以上是BiLSTM with max pooling的encoder实现。BiLSTM的问题是速度比较慢,想提高一点速度也很简单,直接把cell_fw和cell_bw给换成GRU就行了。我试过,速度提高了而且精度差距也不大。这里word_embeddings用的是论文用到的840B token训练出的300维GloVe vectors。LSTM cell的hidden size我用的是100,应该说还可以再取大一点的值,因为资源的限制,我只能委曲求全。对于有资源的同学强烈建议实验更大的hidden vectors。代码里的layer_size是最终输出的encoded sentence的维度,我在实验中用了论文建议的512。

def build_graph(
    inputs1,
    inputs2,
    emb_matrix,
    encoder,
    embedding_size = 300,
    layer_size = None,
    nclasses = 3
    ):

    print(" input1 shape: "+str(inputs1.shape))
    print(" input2 shape: "+str(inputs2.shape))

  #  reuse_var = None 
   # reuse_encoder_var = None 
    word_embeddings = tf.convert_to_tensor(emb_matrix, np.float32)
    print("word_embeddings shape: "+str(word_embeddings.shape))
    print(word_embeddings)

    # the encoders
    with tf.variable_scope("encoder_vars") as encoder_scope:
        encoded_input1 = encoder(inputs1, word_embeddings, layer_size)
        encoder_scope.reuse_variables()
        encoded_input2 = encoder(inputs2, word_embeddings, layer_size)
        print("encoded inputs1 shape: "+str(encoded_input1.shape))
        print("encoded inputs2 shape: "+str(encoded_input2.shape))

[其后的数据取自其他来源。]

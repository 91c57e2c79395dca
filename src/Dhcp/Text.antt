-- ===== src/Dhcp/Text.antt =====
-- dhcp.c, `IPToString` and `StringToIp`. A text is the memory from its first character on, with the
-- codes of its characters; `none` is a read behind the memory. `sprintf` is a parameter.
use daher_repo.Prelude.{
  ℕ, zero, suc, ◌+◌, ◌-◌, ◌*◌, ◌/◌, ◌%◌, ◌^◌, ◌≤◌, ◌<◌, ◌≡◌, ◌∙◌, refl, ap, true, false, ◌||◌, ◌==◌,
  Option, none, some, if◌then◌else◌, ◌>>=◌, arith, List, [], ◌∷◌, ◌++◌, map, length, length-append,
  length-map, All,
}

-- the inner loop of `StringToIp`: `byte_num`, and where it stops, at a '.' or at the end
unfoldable pub read_byte : List ℕ → ℕ → Option (ℕ × List ℕ)
read_byte [] byte_num = none
read_byte (c ∷ ip) byte_num =
    let rest = read_byte ip ((byte_num * 10 + (c + 2 ^ 32 - 48)) % 2 ^ 32) in
    if (c == 46) || (c == 0) then some (byte_num, c ∷ ip) else rest

-- `if (*ip != '\0') ++ip`
unfoldable pub step_over : List ℕ → Option (List ℕ)
step_over [] = none
step_over (c ∷ ip) = some (if c == 0 then c ∷ ip else ip)

-- the outer loop, on fuel
unfoldable pub read_bytes : ℕ → List ℕ → ℕ → Option ℕ
unfolding step_over
read_bytes zero ip ip_num = none
read_bytes (suc fuel) [] ip_num = none
read_bytes (suc fuel) (c ∷ ip) ip_num =
    if c == 0
    then some ip_num
    else (read_byte (c ∷ ip) 0 >>= λ p.
        (step_over p.1 >>= λ next. read_bytes fuel next ((ip_num * 2 ^ 8 % 2 ^ 32 + p.0) % 2 ^ 32)))

-- Each round passes at least one character.
unfoldable pub string_to_ip : List ℕ → Option ℕ
string_to_ip ip = read_bytes (length ip) ip 0

unfoldable pub ip_to_string : (ℕ → ℕ → ℕ → ℕ → List ℕ) → ℕ → List ℕ
ip_to_string sprintf ip =
    sprintf (ip / 2 ^ 24 % 256) (ip / 2 ^ 16 % 256) (ip / 2 ^ 8 % 256) (ip % 256)

-- the number that digits stand for, behind the number `b`
abbrev pub decimal : List ℕ → ℕ → ℕ
decimal [] b = b
decimal (d ∷ ds) b = decimal ds (b * 10 + d)

pub record IsDecimal (ds : List ℕ) (b : ℕ) : Type 0 where
  pub digits : All (λ d. d < 10) ds
  pub some_digit : 0 < length ds
  pub value : decimal ds 0 ≡ b

-- the characters of digits
abbrev pub chars : List ℕ → List ℕ
chars ds = map (λ d. 48 + d) ds

-- `sprintf(str_ip, "%u.%u.%u.%u", ...)` writes the four numbers in decimal digits, with dots between
-- and the terminator behind them.
unfoldable pub Prints : (ℕ → ℕ → ℕ → ℕ → List ℕ) → Type 0
Prints sprintf =
    (a b c d : ℕ)
    → a < 256
    → b < 256
    → c < 256
    → d < 256
    → (as_a : List ℕ) × (as_b : List ℕ) × (as_c : List ℕ) × (as_d : List ℕ) × IsDecimal as_a a
      × IsDecimal as_b b
      × IsDecimal as_c c
      × IsDecimal as_d d
      × (sprintf a b c d
          ≡ chars as_a
            ++ (46 ∷ (chars as_b ++ (46 ∷ (chars as_c ++ (46 ∷ (chars as_d ++ (0 ∷ []))))))))

decimal-grows : (ds : List ℕ) (b : ℕ) → b ≤ decimal ds b
decimal-grows [] b = omega arith
decimal-grows (d ∷ ds) b = omega (arith, decimal-grows ds (b * 10 + d))

read_byte-chars :
    (ds : List ℕ) (b e : ℕ) (rest : List ℕ)
    → All (λ d. d < 10) ds
    → decimal ds b < 2 ^ 32
    → ((e == 46) || (e == 0)) ≡ true
    → read_byte (chars ds ++ (e ∷ rest)) b ≡ some (decimal ds b, e ∷ rest)
unfolding read_byte
read_byte-chars [] b e rest a small stop = rw stop refl
read_byte-chars (d ∷ ds) b e rest a small stop =
    rw (digit d a.0, step b d a.0 (omega (arith, small, decimal-grows ds (b * 10 + d))))
      (read_byte-chars ds (b * 10 + d) e rest a.1 small stop)
  where
    digit : (d : ℕ) → d < 10 → ((48 + d == 46) || (48 + d == 0)) ≡ false
    digit d h = ground arith

    step :
        (b d : ℕ)
        → d < 10
        → b * 10 + d < 2 ^ 32
        → (b * 10 + (48 + d + 2 ^ 32 - 48)) % 2 ^ 32 ≡ b * 10 + d
    step b d h l = omega (arith, h, l)

-- One round: a number is read and put behind the bytes before it.
round_dot :
    (fuel : ℕ) (ds : List ℕ) (b n : ℕ) (rest : List ℕ)
    → IsDecimal ds b
    → b < 256
    → n < 2 ^ 24
    → read_bytes (suc fuel) (chars ds ++ (46 ∷ rest)) n ≡ read_bytes fuel rest (n * 256 + b)
unfolding read_bytes step_over
round_dot fuel [] b n rest v h l = absurd (omega (arith, v.some_digit))
round_dot fuel (d ∷ ds) b n rest v h l =
    rw
      (
        digit d (v.digits).0,
        read_byte-chars (d ∷ ds) 0 46 rest v.digits (omega (arith, v.value, h)) refl,
        v.value,
        put n b h l,
      )
      refl
  where
    digit : (d : ℕ) → d < 10 → (48 + d == 0) ≡ false
    digit d h = ground arith

    put : (n b : ℕ) → b < 256 → n < 2 ^ 24 → (n * 2 ^ 8 % 2 ^ 32 + b) % 2 ^ 32 ≡ n * 256 + b
    put n b h l = omega (arith, h, l)

round_end :
    (fuel : ℕ) (ds : List ℕ) (b n : ℕ)
    → IsDecimal ds b
    → b < 256
    → n < 2 ^ 24
    → read_bytes (suc (suc fuel)) (chars ds ++ (0 ∷ [])) n ≡ some (n * 256 + b)
unfolding read_bytes step_over
round_end fuel [] b n v h l = absurd (omega (arith, v.some_digit))
round_end fuel (d ∷ ds) b n v h l =
    rw
      (
        digit d (v.digits).0,
        read_byte-chars (d ∷ ds) 0 0 [] v.digits (omega (arith, v.value, h)) refl,
        v.value,
        put n b h l,
      )
      refl
  where
    digit : (d : ℕ) → d < 10 → (48 + d == 0) ≡ false
    digit d h = ground arith

    put : (n b : ℕ) → b < 256 → n < 2 ^ 24 → (n * 2 ^ 8 % 2 ^ 32 + b) % 2 ^ 32 ≡ n * 256 + b
    put n b h l = omega (arith, h, l)

-- the text of four bytes
abbrev text : List ℕ → List ℕ → List ℕ → List ℕ → List ℕ
text as_a as_b as_c as_d =
    chars as_a ++ (46 ∷ (chars as_b ++ (46 ∷ (chars as_c ++ (46 ∷ (chars as_d ++ (0 ∷ [])))))))

read_bytes-text :
    (fuel a b c d : ℕ) (as_a as_b as_c as_d : List ℕ)
    → IsDecimal as_a a
    → IsDecimal as_b b
    → IsDecimal as_c c
    → IsDecimal as_d d
    → a < 256
    → b < 256
    → c < 256
    → d < 256
    → read_bytes (suc (suc (suc (suc (suc fuel))))) (text as_a as_b as_c as_d) 0
      ≡ some (((a * 256 + b) * 256 + c) * 256 + d)
read_bytes-text fuel a b c d as_a as_b as_c as_d va vb vc vd ha hb hc hd =
    round_dot (suc (suc (suc (suc fuel)))) as_a a 0 _ va ha (omega arith)
    ∙ ap
        (λ n.
          read_bytes (suc (suc (suc (suc fuel))))
            (chars as_b ++ (46 ∷ (chars as_c ++ (46 ∷ (chars as_d ++ (0 ∷ [])))))) n)
        (plain a)
    ∙ round_dot (suc (suc (suc fuel))) as_b b a _ vb hb (omega (arith, ha))
    ∙ round_dot (suc (suc fuel)) as_c c (a * 256 + b) _ vc hc (omega (arith, ha, hb))
    ∙ round_end fuel as_d d ((a * 256 + b) * 256 + c) vd hd (omega (arith, ha, hb, hc))
  where
    plain : (a : ℕ) → 0 * 256 + a ≡ a
    plain a = omega arith

length-text :
    (as_a as_b as_c as_d : List ℕ)
    → 0 < length as_a
    → (fuel : ℕ) × (length (text as_a as_b as_c as_d) ≡ suc (suc (suc (suc (suc fuel)))))
length-text as_a as_b as_c as_d h =
    let la =
      length-append (chars as_a)
        (46 ∷ (chars as_b ++ (46 ∷ (chars as_c ++ (46 ∷ (chars as_d ++ (0 ∷ []))))))) in
    let lb = length-append (chars as_b) (46 ∷ (chars as_c ++ (46 ∷ (chars as_d ++ (0 ∷ []))))) in
    let lc = length-append (chars as_c) (46 ∷ (chars as_d ++ (0 ∷ []))) in
    let ld = length-append (chars as_d) (0 ∷ []) in
    let ma = length-map as_a (λ d. 48 + d) in
    (length (text as_a as_b as_c as_d) - 5, omega (arith, la, lb, lc, ld, ma, h))

-- Where `sprintf` prints bytes in decimal, `StringToIp` reads back every address below 2 ^ 32 that
-- `IPToString` wrote.
pub string_to_ip-ip_to_string :
    (sprintf : ℕ → ℕ → ℕ → ℕ → List ℕ) (ip : ℕ)
    → Prints sprintf
    → ip < 2 ^ 32
    → string_to_ip (ip_to_string sprintf ip) ≡ some ip
unfolding string_to_ip ip_to_string Prints
string_to_ip-ip_to_string sprintf ip prints small =
    let a = ip / 2 ^ 24 % 256 in
    let b = ip / 2 ^ 16 % 256 in
    let c = ip / 2 ^ 8 % 256 in
    let d = ip % 256 in
    let (as_a, as_b, as_c, as_d, va, vb, vc, vd, printed) =
      prints a b c d (omega arith) (omega arith) (omega arith) (omega arith) in
    let (fuel, long) = length-text as_a as_b as_c as_d va.some_digit in
    ap (λ s. read_bytes (length s) s 0) printed
    ∙ ap (λ n. read_bytes n (text as_a as_b as_c as_d) 0) long
    ∙ read_bytes-text fuel a b c d as_a as_b as_c as_d va vb vc vd (omega arith) (omega arith)
        (omega arith) (omega arith)
    ∙ ap some (bytes ip small)
  where
    bytes :
        (ip : ℕ)
        → ip < 2 ^ 32
        → ((ip / 2 ^ 24 % 256 * 256 + ip / 2 ^ 16 % 256) * 256 + ip / 2 ^ 8 % 256) * 256 + ip % 256
          ≡ ip
    bytes ip h = omega (arith, h)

    abs_diffed = tf.abs(tf.subtract(encoded_input1, encoded_input2))
    print(abs_diffed)

    multiplied = tf.multiply(encoded_input1, encoded_input2)
    print(multiplied)
    concatenated = tf.concat([encoded_input1, encoded_input2,
abs_diffed, multiplied], 1)
    print(concatenated)
    concatenated_dim = concatenated.shape.as_list()[1]

    # the fully-connected dnn layer
    # fix it as 512
    fully_connected_layer_size = 512
    with tf.variable_scope("dnn_vars") as encoder_scope:
        wd = tf.get_variable(name="wd", dtype=tf.float32,
shape=[concatenated_dim, fully_connected_layer_size])
        bd = tf.get_variable(name="bd", dtype=tf.float32,
shape=[fully_connected_layer_size])
dnned = tf.matmul(concatenated, wd) + bd
    print(dnned)

    with tf.variable_scope("out") as out:
        w_out = tf.get_variable(name="w_out", dtype=tf.float32,
shape=[fully_connected_layer_size, nclasses])
        b_out = tf.get_variable(name="b_out", dtype=tf.float32,
shape=[nclasses])
    logits = tf.matmul(dnned, w_out) + b_out

    return logits

上面这段代码是计算图。利用第一段代码里的encoder完成模型剩下的部分。
注意这一段代码:

    # the encoders
    with tf.variable_scope("encoder_vars") as encoder_scope:
        encoded_input1 = encoder(inputs1, word_embeddings, layer_size)
        encoder_scope.reuse_variables()
        encoded_input2 = encoder(inputs2, word_embeddings, layer_size)
        print("encoded inputs1 shape: "+str(encoded_input1.shape))
        print("encoded inputs2 shape: "+str(encoded_input2.shape))

对于encoded_input1和encoded_input2来说,encoder的参数是共享的。

模型在每个epoch结束后都会存入logs文件夹。我提供了一个sentence_encoder.py,用来读入存好的model,把输入的句子encode,产生sentence embedding。

如果不是资源限制,我相信完全能够复现文章的精度。没时间做downstream的NLP的任务了,谁有兴趣做欢迎分享。